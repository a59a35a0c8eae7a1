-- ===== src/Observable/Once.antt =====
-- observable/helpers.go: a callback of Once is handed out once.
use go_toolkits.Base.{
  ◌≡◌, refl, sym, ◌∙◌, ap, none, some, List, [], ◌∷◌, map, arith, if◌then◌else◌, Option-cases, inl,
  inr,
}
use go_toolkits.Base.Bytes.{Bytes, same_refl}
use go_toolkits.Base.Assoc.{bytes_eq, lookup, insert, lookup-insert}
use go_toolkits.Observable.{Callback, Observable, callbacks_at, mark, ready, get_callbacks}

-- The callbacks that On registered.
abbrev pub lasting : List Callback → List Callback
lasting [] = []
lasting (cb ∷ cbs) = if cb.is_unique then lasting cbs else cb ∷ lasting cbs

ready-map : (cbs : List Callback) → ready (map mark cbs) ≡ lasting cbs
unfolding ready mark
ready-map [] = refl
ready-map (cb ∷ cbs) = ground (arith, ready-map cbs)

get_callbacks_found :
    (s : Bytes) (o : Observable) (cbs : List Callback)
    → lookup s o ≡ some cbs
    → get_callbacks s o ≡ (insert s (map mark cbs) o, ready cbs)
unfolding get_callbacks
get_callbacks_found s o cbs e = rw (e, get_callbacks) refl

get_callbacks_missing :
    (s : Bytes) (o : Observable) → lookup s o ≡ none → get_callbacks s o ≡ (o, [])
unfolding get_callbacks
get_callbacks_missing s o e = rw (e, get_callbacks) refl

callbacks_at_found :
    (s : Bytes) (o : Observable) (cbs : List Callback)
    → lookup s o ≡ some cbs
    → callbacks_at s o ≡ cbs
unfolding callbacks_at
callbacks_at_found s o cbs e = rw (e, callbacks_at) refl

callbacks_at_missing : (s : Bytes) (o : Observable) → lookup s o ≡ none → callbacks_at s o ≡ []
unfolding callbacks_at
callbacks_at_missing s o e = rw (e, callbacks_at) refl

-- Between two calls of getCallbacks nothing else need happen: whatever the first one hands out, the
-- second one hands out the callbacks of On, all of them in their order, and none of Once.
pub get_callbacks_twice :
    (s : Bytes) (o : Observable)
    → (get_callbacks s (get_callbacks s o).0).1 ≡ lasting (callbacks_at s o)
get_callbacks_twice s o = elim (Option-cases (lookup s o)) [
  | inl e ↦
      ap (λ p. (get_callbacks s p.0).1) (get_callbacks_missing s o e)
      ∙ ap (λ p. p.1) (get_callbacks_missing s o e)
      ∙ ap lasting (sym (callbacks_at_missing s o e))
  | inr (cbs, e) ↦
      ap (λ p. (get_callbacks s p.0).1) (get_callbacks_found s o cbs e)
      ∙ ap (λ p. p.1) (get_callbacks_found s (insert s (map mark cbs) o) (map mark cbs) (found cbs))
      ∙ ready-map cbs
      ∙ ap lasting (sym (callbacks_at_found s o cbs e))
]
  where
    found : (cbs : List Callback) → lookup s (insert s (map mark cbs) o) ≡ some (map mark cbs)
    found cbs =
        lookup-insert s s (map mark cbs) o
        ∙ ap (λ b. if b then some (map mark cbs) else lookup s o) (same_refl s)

==

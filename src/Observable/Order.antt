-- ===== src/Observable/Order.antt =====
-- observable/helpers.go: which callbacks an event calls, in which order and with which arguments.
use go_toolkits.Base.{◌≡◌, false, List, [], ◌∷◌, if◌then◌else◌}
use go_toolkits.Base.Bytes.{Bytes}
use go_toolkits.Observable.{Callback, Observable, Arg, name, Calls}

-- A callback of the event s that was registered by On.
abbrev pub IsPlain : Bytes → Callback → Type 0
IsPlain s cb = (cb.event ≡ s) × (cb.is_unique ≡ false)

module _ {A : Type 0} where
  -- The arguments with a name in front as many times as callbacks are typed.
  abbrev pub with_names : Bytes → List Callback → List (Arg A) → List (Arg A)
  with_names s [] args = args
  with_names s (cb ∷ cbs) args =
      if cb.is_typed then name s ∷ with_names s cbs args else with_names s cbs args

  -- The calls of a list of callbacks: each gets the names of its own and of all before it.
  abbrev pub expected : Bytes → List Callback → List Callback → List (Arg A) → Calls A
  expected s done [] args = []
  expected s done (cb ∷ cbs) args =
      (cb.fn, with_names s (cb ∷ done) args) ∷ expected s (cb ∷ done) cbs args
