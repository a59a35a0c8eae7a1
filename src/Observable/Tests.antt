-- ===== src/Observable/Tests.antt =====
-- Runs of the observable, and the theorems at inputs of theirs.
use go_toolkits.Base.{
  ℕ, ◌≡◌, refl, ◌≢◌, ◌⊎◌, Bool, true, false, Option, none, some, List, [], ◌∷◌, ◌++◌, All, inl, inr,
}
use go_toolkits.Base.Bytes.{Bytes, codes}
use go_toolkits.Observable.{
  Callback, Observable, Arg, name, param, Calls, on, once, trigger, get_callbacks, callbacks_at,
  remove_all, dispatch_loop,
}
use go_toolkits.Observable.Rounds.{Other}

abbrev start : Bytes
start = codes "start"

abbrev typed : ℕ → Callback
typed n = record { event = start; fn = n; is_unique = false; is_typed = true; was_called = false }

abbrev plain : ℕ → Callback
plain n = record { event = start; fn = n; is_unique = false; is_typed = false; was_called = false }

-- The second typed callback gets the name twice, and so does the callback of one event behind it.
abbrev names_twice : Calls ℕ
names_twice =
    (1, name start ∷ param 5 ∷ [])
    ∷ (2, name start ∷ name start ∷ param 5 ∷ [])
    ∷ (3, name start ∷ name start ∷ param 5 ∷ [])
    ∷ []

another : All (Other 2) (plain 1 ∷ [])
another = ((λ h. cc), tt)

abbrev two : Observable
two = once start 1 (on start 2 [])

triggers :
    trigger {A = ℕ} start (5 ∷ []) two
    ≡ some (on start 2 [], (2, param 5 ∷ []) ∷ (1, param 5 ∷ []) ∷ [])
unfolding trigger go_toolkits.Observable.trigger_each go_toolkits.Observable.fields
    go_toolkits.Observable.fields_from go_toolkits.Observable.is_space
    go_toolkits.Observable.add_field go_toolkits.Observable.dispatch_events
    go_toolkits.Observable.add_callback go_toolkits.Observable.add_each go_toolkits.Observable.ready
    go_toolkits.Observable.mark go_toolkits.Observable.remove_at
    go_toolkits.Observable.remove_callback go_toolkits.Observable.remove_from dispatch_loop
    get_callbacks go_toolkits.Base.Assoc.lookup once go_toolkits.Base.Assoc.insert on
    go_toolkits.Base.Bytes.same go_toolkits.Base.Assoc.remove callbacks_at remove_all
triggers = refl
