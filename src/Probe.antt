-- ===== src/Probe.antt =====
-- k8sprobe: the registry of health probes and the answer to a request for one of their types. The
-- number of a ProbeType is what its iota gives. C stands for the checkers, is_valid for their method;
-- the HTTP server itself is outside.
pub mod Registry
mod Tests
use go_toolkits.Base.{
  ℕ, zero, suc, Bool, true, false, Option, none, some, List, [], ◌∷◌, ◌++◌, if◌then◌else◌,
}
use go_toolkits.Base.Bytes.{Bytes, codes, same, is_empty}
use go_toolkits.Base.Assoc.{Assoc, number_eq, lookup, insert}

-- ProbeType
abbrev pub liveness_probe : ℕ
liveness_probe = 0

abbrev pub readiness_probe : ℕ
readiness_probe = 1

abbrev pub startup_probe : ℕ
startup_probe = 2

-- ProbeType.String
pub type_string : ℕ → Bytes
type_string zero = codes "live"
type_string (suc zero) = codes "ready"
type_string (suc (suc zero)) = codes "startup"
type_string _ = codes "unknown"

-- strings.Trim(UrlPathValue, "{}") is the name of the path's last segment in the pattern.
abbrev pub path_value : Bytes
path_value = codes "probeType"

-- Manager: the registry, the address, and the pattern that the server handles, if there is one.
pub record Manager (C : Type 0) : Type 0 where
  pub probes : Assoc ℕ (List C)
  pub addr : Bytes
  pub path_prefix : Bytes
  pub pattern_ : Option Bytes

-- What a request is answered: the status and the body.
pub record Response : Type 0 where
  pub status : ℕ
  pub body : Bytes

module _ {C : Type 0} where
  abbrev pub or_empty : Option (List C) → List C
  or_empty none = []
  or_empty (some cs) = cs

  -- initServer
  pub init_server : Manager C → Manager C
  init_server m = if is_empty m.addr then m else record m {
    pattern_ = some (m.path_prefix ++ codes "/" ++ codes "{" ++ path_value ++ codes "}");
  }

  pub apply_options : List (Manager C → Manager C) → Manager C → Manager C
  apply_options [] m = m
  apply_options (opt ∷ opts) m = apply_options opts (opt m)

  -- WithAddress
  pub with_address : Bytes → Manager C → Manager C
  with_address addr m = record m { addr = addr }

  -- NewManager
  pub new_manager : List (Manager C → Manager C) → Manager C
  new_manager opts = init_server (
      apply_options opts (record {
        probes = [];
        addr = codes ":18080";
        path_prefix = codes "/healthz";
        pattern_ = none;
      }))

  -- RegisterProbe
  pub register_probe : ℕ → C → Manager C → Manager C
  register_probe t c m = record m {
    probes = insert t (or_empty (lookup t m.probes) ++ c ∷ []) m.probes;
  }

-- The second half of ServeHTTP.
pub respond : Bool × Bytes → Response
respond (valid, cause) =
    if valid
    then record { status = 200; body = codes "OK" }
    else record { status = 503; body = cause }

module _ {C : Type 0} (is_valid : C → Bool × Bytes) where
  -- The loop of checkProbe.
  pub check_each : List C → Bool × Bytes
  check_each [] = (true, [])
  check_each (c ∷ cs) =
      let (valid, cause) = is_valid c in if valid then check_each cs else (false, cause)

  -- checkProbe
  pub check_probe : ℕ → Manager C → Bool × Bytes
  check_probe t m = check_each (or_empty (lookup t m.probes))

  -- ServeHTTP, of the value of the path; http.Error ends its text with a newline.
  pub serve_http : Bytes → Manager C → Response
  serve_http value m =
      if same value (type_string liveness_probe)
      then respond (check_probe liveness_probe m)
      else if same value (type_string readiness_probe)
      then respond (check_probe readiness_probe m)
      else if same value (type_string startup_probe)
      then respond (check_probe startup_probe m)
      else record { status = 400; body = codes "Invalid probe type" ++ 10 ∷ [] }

■ WHAT TO PRODUCE
Within the data above, the lines from the one with "liveness_probe = 0" to the one with "type_string _ = codes" must be repeated exactly; no other line belongs in the answer.

■ RESPONSE TO THIS EXERCISE
liveness_probe = 0

abbrev pub readiness_probe : ℕ
readiness_probe = 1

abbrev pub startup_probe : ℕ
startup_probe = 2

-- ProbeType.String
pub type_string : ℕ → Bytes
type_string zero = codes "live"
type_string (suc zero) = codes "ready"
type_string (suc (suc zero)) = codes "startup"
type_string _ = codes "unknown"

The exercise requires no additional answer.